Input material.
# # # #

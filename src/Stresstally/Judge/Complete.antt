-- ===== src/Stresstally/Judge/Complete.antt =====
-- When the log of a shard is complete: what it has to be, and how its status tells.
use text.Mathlib.Text.{◌==◌ as str_eq}
use text.Mathlib.TextEquality.{eq_iff}
use probatorium.Base.{
  is_nil-eq, differs, Fields, lookup, ℕ, ◌+◌, if◌then◌else◌, ◌&&◌, ◌||◌, not, Bool, true, false,
  List, [], ◌∷◌, ◌++◌, String, Option, none, some, ◌≡◌, ◌≢◌, ◌↔◌, refl, ap, ◌∙◌, is_nil, arith,
  Bool-cases, inl, inr, All,
}
use probatorium.Stresstally.Judge.{
  Case, ShardLog, status_complete, status_unparsed, status_missing, status_wrong_shape,
}
use probatorium.Stresstally.Judge.Shape.{
  check_shape, compare_fields, observation_reasons, is_refused, wanted, agrees, Agrees, has_reason,
  reason_no_header,
}
use probatorium.Stresstally.Judge.Shards.{ShardReport, State, shard_status, keep_report, one_if}

some_eq : {a b : String} → some a ≡ some b → a ≡ b
some_eq h = cc

agrees-Agrees :
    (got : Option String) (value : String) → (agrees got value ≡ true) ↔ (got ≡ some value)
unfolding agrees
agrees-Agrees none value = (λ h. ground arith, λ h. cc)
agrees-Agrees (some got) value =
    (λ h. ap some ((eq_iff got value).0 h), λ h. (eq_iff got value).1 (some_eq h))

module _ (quote : String → String) where
  compare_fields-All :
      (h : Fields) (ws : Fields) → (is_nil (compare_fields quote h ws) ≡ true) ↔ All (Agrees h) ws
  unfolding compare_fields
  compare_fields-All h [] = (λ _. tt, λ _. refl)
  compare_fields-All h (w ∷ ws) =
      let (to, from) = compare_fields-All h ws in
      let (first, back) = agrees-Agrees (lookup h w.0) w.1 in
      elim (Bool-cases (agrees (lookup h w.0) w.1)) [
        | inl e ↦ rw e (λ k. (first e, to k), λ all. from all.1)
        | inr e ↦ rw e (λ k. ground arith, λ all. let b = back all.0 in ground (arith, b, e))
      ]

is_refused-false :
    (sl : ShardLog) → (is_refused sl ≡ false) ↔ ((sl.refused ≡ "") × (sl.exit ≢ "refused"))
unfolding is_refused
is_refused-false sl = (
  λ h. (
    (eq_iff sl.refused "").0 (ground (arith, h)),
    λ e. let f = (eq_iff sl.exit "refused").1 e in ground (arith, h, f),
  ),
  λ h.
      let a = (eq_iff sl.refused "").1 h.0 in
      let b = differs sl.exit "refused" h.1 in ground (arith, a, b),
)

no_flaw :
    (a b c d : Bool)
    → (one_if (a || (not b || (not c || not d))) ≡ 0)
      ↔ ((a ≡ false) × (b ≡ true) × (c ≡ true) × (d ≡ true))
no_flaw a b c d = ground arith

-- A status other than complete counts once.
unfoldable pub status_flaw : String → ℕ
status_flaw s =
    one_if (str_eq s status_unparsed)
    + one_if (str_eq s status_missing)
    + one_if (str_eq s status_wrong_shape)

status_flaw-chosen :
    (wrong unparsed : Bool)
    → status_flaw (
        if wrong then status_wrong_shape else if unparsed then status_unparsed else status_complete)
      ≡ one_if (wrong || unparsed)
unfolding status_flaw
status_flaw-chosen true unparsed = refl
status_flaw-chosen false true = refl
status_flaw-chosen false false = refl

has_reason-nil : (xs : List String) (r : String) → is_nil xs ≡ true → has_reason xs r ≡ false
unfolding has_reason
has_reason-nil [] r h = refl
has_reason-nil (x ∷ xs) r h = ground arith

pub status-flaw :
    (sl : ShardLog) (obs shape : List String)
    → status_flaw (shard_status sl obs shape)
      ≡ one_if
          (is_refused sl || (not (is_nil shape) || (not (is_nil sl.reasons) || not (is_nil obs))))
unfolding shard_status
status-flaw sl obs shape =
    let h = has_reason-nil sl.reasons reason_no_header in
    status_flaw-chosen
      (is_refused sl || not (is_nil shape) && not (has_reason sl.reasons reason_no_header))
      (not (is_nil sl.reasons) || not (is_nil obs))
    ∙ ground (arith, h)

pub keep_report-shards :
    (sr : ShardReport) (sl : ShardLog) (st : State)
    → (keep_report sr sl st).shards ≡ st.shards ++ sr ∷ []
unfolding keep_report
keep_report-shards sr sl st = elim (Bool-cases (str_eq sr.status status_wrong_shape)) [
  | inl e ↦ rw e refl
  | inr e ↦ rw e refl
]

module _ (quote : String → String) (is_float : String → Bool) (c : Case)
    (celeris_sha : String) where
  -- The log of a shard that ran to its end as the case asked: it was not refused, its header has
  -- each wanted value, and neither the parser nor the observation rules object to it.
  pub record IsCompleteLog (arch : String) (shard : ℕ) (sl : ShardLog) : Type 0 where
    pub not_refused : sl.refused ≡ ""
    pub not_refused_exit : sl.exit ≢ "refused"
    pub shape : All (Agrees sl.header) (wanted c arch shard celeris_sha)
    pub no_reason : sl.reasons ≡ []
    pub one_observation : observation_reasons is_float c sl ≡ []

  abbrev pub IsComplete : String → ℕ → Option ShardLog → Type 0
  IsComplete arch shard none = ⊥
  IsComplete arch shard (some sl) = IsCompleteLog arch shard sl

  abbrev is_flawed : String → ℕ → ShardLog → Bool
  is_flawed arch shard sl =
      is_refused sl
      || (not (is_nil (check_shape quote sl.header c arch shard celeris_sha))
          || (not (is_nil sl.reasons) || not (is_nil (observation_reasons is_float c sl))))

  abbrev pub flaw : String → ℕ → Option ShardLog → ℕ
  flaw arch shard none = 1
  flaw arch shard (some sl) = one_if (is_flawed arch shard sl)

  pub flaw-IsComplete :
      (arch : String) (shard : ℕ) (log : Option ShardLog)
      → (flaw arch shard log ≡ 0) ↔ IsComplete arch shard log
  unfolding check_shape
  flaw-IsComplete arch shard none = (λ h. ground arith, λ h. absurd h)
  flaw-IsComplete arch shard (some sl) =
      let shape = check_shape quote sl.header c arch shard celeris_sha in
      let obs = observation_reasons is_float c sl in
      let (to, from) = compare_fields-All quote sl.header (wanted c arch shard celeris_sha) in
      let (nil, eq) = is_nil-eq sl.reasons in
      let (nil_obs, eq_obs) = is_nil-eq obs in
      (
        λ h.
            let (r, s, n, o) =
              (no_flaw (is_refused sl) (is_nil shape) (is_nil sl.reasons) (is_nil obs)).0 h in
            let (refused, exit) = (is_refused-false sl).0 r in
            record {
              not_refused = refused;
              not_refused_exit = exit;
              shape = to s;
              no_reason = nil n;
              one_observation = nil_obs o;
            },
        λ ok. (no_flaw (is_refused sl) (is_nil shape) (is_nil sl.reasons) (is_nil obs)).1 (
          (is_refused-false sl).1 (ok.not_refused, ok.not_refused_exit),
          from ok.shape,
          eq ok.no_reason,
          eq_obs ok.one_observation,
        ),
      )

  -- So it is not of the wrong shape.
  pub IsCompleteLog-shape :
      (arch : String) (shard : ℕ) (sl : ShardLog)
      → IsCompleteLog arch shard sl
      → str_eq
          (shard_status sl
            (observation_reasons is_float c sl)
            (check_shape quote sl.header c arch shard celeris_sha))
          status_wrong_shape
        ≡ false
  unfolding status_flaw
  IsCompleteLog-shape arch shard sl ok =
      let obs = observation_reasons is_float c sl in
      let shape = check_shape quote sl.header c arch shard celeris_sha in
      let z = (flaw-IsComplete arch shard (some sl)).1 ok in
      let e = status-flaw sl obs shape in ground (arith, z, e)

# # # #

Problem details.
Which lines in the entries above contain "Option"? Pull each of them out.

Answer.
  List, [], ◌∷◌, ◌++◌, String, Option, none, some, ◌≡◌, ◌≢◌, ◌↔◌, refl, ap, ◌∙◌, is_nil, arith,
    (got : Option String) (value : String) → (agrees got value ≡ true) ↔ (got ≡ some value)
  abbrev pub IsComplete : String → ℕ → Option ShardLog → Type 0
  abbrev pub flaw : String → ℕ → Option ShardLog → ℕ
      (arch : String) (shard : ℕ) (log : Option ShardLog)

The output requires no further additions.